After strict inclusion and exclusion criteria for participants, clinical data interview and clinical symptom assessment will be conducted by a trained psychiatrists at the Shanghai Mental Health Center. And the functional near-infrared spectroscopy (fNIRS) would be used to analysis brain functional connectivity at the baseline and the end of the 10 seesions. The study would randomize all participants in a 1:1 ratio, one was "active group", and the other was "sham group". The anode of tDCS was placed over right dorsolateral prefrontal cortex (R-DLPFC) and the cathode to the left orbitofrontal cortex (OFC). In the active group, current stimulations were gradually ramped up to 2 mA (in 30 seconds) intensity for 20 minutes, once a day, for 10 days.

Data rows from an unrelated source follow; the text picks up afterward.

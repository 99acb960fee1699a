-- ===== src/Portal/Staff.antt =====
-- portal_staff_sync.py: the staff rows that stand for a portal user in the branches.
--
-- The table is the list of its rows. `_add_portal_staff` is its first attempt: no other transaction
-- takes the same id. The flag that says whether anything was written is left out.
pub mod Serving
pub mod Kept
pub mod Later
pub mod Live
pub mod Outside
use yclients_project.Prelude.{
  ℕ, ◌+◌, max, Bool, true, false, not, ◌&&◌, ◌||◌, Option, none, some, List, [], ◌∷◌, ◌++◌, map,
  if◌then◌else◌, ◌==◌, leb, elem, distinct, is_empty, is_none, is_some, any,
}
use yclients_project.Prelude.Rows.{select, update_where, order_by}
use yclients_project.Prelude.Text.{Text, codes, text_eq, strip}
use yclients_project.Auth.{Role, is_platform_admin_role, is_owner_role}
use yclients_project.Auth.Sessions.{User}
use yclients_project.Auth.Tenancy.{UserBranch, role_text}
use yclients_project.Portal.Ownership.{holds}

pub record Staff : Type 0 where
  pub id : ℕ
  pub external_id : Option ℕ
  pub source_type : Text
  pub name : Text
  pub position : Text
  pub company_id : Option ℕ
  pub portal_user_id : Option ℕ
  pub fired : ℕ
  pub bookable : Bool

abbrev pub source_portal : Text
source_portal = codes "portal"

unfoldable pub portal_user_syncs_to_staff : User → Bool
portal_user_syncs_to_staff user =
    not (is_platform_admin_role user.role) && not (is_owner_role user.role) && user.is_active

-- `email.split('@', 1)[0]`
abbrev pub before_at : Text → Text
before_at [] = []
before_at (c ∷ s) = let rest = before_at s in if c == 64 then [] else c ∷ rest

unfoldable pub staff_display_name : User → Text
staff_display_name user = elim user.full_name [
  | none ↦ before_at user.email
  | some name ↦ if is_empty (strip name) then before_at user.email else strip name
]

unfoldable pub is_mirror_row : Staff → Bool
is_mirror_row row =
    text_eq row.source_type source_portal || (is_some row.portal_user_id && is_none row.external_id)

-- `_is_crm_row` and `_portal_owned_staff_clause`
abbrev pub is_crm_row : ℕ → Staff → Bool
is_crm_row user_id row = holds row.portal_user_id user_id && not (is_mirror_row row)

abbrev pub is_own_mirror : ℕ → Staff → Bool
is_own_mirror user_id row = holds row.portal_user_id user_id && is_mirror_row row

abbrev pub max_id : List Staff → ℕ
max_id [] = 0
max_id (row ∷ rows) = max row.id (max_id rows)

unfoldable pub next_staff_id : List Staff → ℕ
next_staff_id rows = max_id rows + 1

abbrev pub portal_staff : ℕ → Text → Text → ℕ → ℕ → Staff
portal_staff id name role company user_id = record {
  id = id;
  external_id = none;
  source_type = source_portal;
  name = name;
  position = role;
  company_id = some company;
  portal_user_id = some user_id;
  fired = 0;
  bookable = true;
}

unfoldable pub add_portal_staff : Text → Text → ℕ → ℕ → List Staff → List Staff
add_portal_staff name role company user_id rows =
    rows ++ portal_staff (next_staff_id rows) name role company user_id ∷ []

abbrev pub linked_to : ℕ → List Staff → List Staff
linked_to user_id rows = select (λ (row : Staff). holds row.portal_user_id user_id) rows

-- The key of the sort, in ascending order: of YClients, not fired, the id.
abbrev pub sorts_before : ℕ → Staff → Staff → Bool
sorts_before user_id a b =
    let crm_a = is_crm_row user_id a in
    let crm_b = is_crm_row user_id b in
    let live_a = not (a.fired == 1) in
    let live_b = not (b.fired == 1) in
    if crm_a && not crm_b
    then false
    else if crm_b && not crm_a
    then true
    else if live_a && not live_b
    then false
    else if live_b && not live_a
    then true
    else leb a.id b.id

abbrev pub last : List Staff → Option Staff
last [] = none
last (row ∷ rows) = elim (last rows) [ none ↦ some row | some other ↦ some other ]

-- `by_company.get(company)`: the last of the sorted rows of the branch.
unfoldable pub by_company : ℕ → List Staff → ℕ → Option Staff
by_company user_id linked company = last (
    select (λ (row : Staff). holds row.company_id company) (order_by (sorts_before user_id) linked))

abbrev pub write_staff : ℕ → (Staff → Staff) → List Staff → List Staff
write_staff id f rows = update_where (λ (row : Staff). row.id == id) f rows

abbrev pub as_bookable : Staff → Staff
as_bookable row = record row { bookable = true }

abbrev pub as_mirror : Text → Text → Staff → Staff
as_mirror name role row = record row { name = name; position = role; fired = 0; bookable = true }

abbrev pub as_fired : Staff → Staff
as_fired row = record row { fired = 1 }

-- One target branch.
unfoldable pub serve_company : User → List Staff → ℕ → List Staff → List Staff
serve_company user linked company rows = elim (by_company user.id linked company) [
  | none ↦ add_portal_staff (staff_display_name user) (role_text user.role) company user.id rows
  | some row ↦
      if is_crm_row user.id row
      then write_staff row.id as_bookable rows
      else write_staff row.id (as_mirror (staff_display_name user) (role_text user.role)) rows
]

unfoldable pub serve_companies : User → List Staff → List ℕ → List Staff → List Staff
serve_companies user linked [] rows = rows
serve_companies user linked (company ∷ companies) rows =
    serve_companies user linked companies (serve_company user linked company rows)

-- Whether the row stands for its branch, which is a target.
abbrev pub stands_for : ℕ → List Staff → List ℕ → Staff → Bool
stands_for user_id linked targets row = elim row.company_id [
  | none ↦ false
  | some company ↦ elem company targets && elim (by_company user_id linked company) [
    | none ↦ false
    | some chosen ↦ chosen.id == row.id
  ]
]

abbrev pub is_retired : ℕ → List Staff → List ℕ → Staff → Bool
is_retired user_id linked targets row =
    any (λ (l : Staff). l.id == row.id) linked
    && not (is_crm_row user_id row)
    && not (stands_for user_id linked targets row)

unfoldable pub retire_rows : ℕ → List Staff → List ℕ → List Staff → List Staff
retire_rows user_id linked targets rows =
    update_where (is_retired user_id linked targets) as_fired rows

unfoldable pub fire_mirrors : ℕ → List Staff → List Staff
fire_mirrors user_id rows = update_where (is_own_mirror user_id) as_fired rows

abbrev pub target_companies : List ℕ → List ℕ
target_companies company_ids = order_by leb (distinct [] company_ids)

-- `sync_portal_user_staff` with the user's rows at hand.
unfoldable pub sync_linked : User → List ℕ → List Staff → List Staff → List Staff
sync_linked user company_ids linked rows =
    let targets = target_companies company_ids in
    if not (portal_user_syncs_to_staff user) || is_empty company_ids
    then (if any (λ (row : Staff). not (row.fired == 1) && not (is_crm_row user.id row)) linked
        then fire_mirrors user.id rows
        else rows)
    else retire_rows user.id linked targets (serve_companies user linked targets rows)

unfoldable pub sync_portal_user_staff : User → List ℕ → List Staff → List Staff
sync_portal_user_staff user company_ids rows =
    sync_linked user company_ids (linked_to user.id rows) rows

abbrev pub is_user_of : Option ℕ → User → Bool
is_user_of none user = true
is_user_of (some account) user = holds user.portal_account_id account

abbrev pub syncing_users : Option ℕ → List User → List User
syncing_users account users =
    select portal_user_syncs_to_staff
      (order_by (λ (a b : User). leb a.id b.id) (select (is_user_of account) users))

abbrev pub branch_ids_of : ℕ → List UserBranch → List ℕ
branch_ids_of user_id branches = order_by leb (
    map (λ (b : UserBranch). b.company_id)
      (select (λ (b : UserBranch). b.user_id == user_id) branches))

-- The walk over the users; `before` is the table as it was read once for all of them.
unfoldable pub sync_users : List UserBranch → List Staff → List User → List Staff → List Staff
sync_users branches before [] rows = rows
sync_users branches before (user ∷ users) rows =
    sync_users branches before users
      (sync_linked user (branch_ids_of user.id branches) (linked_to user.id before) rows)

unfoldable pub sync_all_portal_users_staff :
    Option ℕ → List User → List UserBranch → List Staff → List Staff
sync_all_portal_users_staff account users branches rows =
    sync_users branches rows (syncing_users account users) rows

-- `detach_portal_user_staff`
unfoldable pub detach_portal_user_staff : ℕ → List Staff → List Staff
detach_portal_user_staff user_id rows =
    update_where (is_crm_row user_id) (λ (row : Staff). record row { portal_user_id = none })
      (fire_mirrors user_id rows)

For sham stimulation, the procedure was identical, except that the current was gradually ramped up to 2mA and rapidly down to zero (in 30 seconds), thus leading to the same initial sensations of tDCS. The study was 8 weeks long, and procedure of visit would be occurred at the following time points: baseline, week 2, 4 and 8.At each visit, psychometric outcome measures including the Young Manic Rating Scale (YMRS), Montgomery-Åsberg Depression Rating Scale (MADRS), Quick Inventory of Depressive Symptomatology (QIDS SR-16), Altman Self-Rating Mania Scale (ASRM), Wisconsin Card Sorting Test (WCST), Stroop Color Word Test, Morisky Medication Adherence Scale-8 (MMAS-8), Global Assessment of Functioning (GAF).The reduction in YMRS after 10 sessions of tDCS was the primary outcome.

The study will require active reporting of adverse effects from the participants, as well as reports from observations of researchers.

Eligibility

Inclusion Criteria:

• 1. Manic episode in patient with bipolar disorder, as assessed by the Structured Clinical Interview for DSM-IV, Axis I Disorders, Patient Version (SCID-I/P).
• 2. Young Mania Rating Scale (YMRS) score above or equal 13.
• 3. Patients of both genders between 18 and 65 years of age (when obtaining informed consent) ,right-handed.
• 4. Junior high school education and above, with understanding of the content of the study.
• 5. Written, informed and competent consent was obtained before participation in the study.
• 6. The regimens and dosages of mood stabilizers and atypical antipsychotics remained stable from the start of tDCS to the completion of 10 tDCS sessions. One mood stabilizer and/or one atypical antipsychotics could be administered, and no new or discontinued drugs were added
• 7. Did not receive other trials of neurostimulation treatments (include tCS, rTMS, MECT.etc) and psychotherapies 1 month before tDCS treatment to 2 weeks after the end of treatment.
• 8. Benzodiazepines and antidepressants were not used from 1 month before tDCS treatment to 2 weeks after the end of treatment.

Exclusion Criteria:

• 1. Laboratory abnormalities that are judged to be clinically significant and that clinicians consider to affect the efficacy of the trial or the safety of the subjects.
• 2. With severe or unstable diseases, including: Patients with neurological diseases (delirium, dementia, stroke, epilepsy, migraine, high intracranial pressure, craniocerebral surgery, etc.), congestive heart failure, angina pectoris, myocardial infarction, arrhythmia, hypertension (including untreated or uncontrolled hypertension), apnea syndrome, malignant tumors, immunocompromised subjects, acute or chronic liver and kidney failure, cirrhosis or active liver disease, Or blood glucose higher than 12mmol/L.
• 3.Alcohol or drug dependence within 6 months before the trial.
• 4.Pregnant and lactating women. Male and female subjects who are not using effective contraception or who plan to become pregnant within 3 months of starting the trial.
• 5.Family history of epilepsy (within three generations).
• 6.History of head trauma or craniocerebral surgery such as open wound or skull repair.
• 7.Other conditions that were not appropriate for participation in the clinical trial.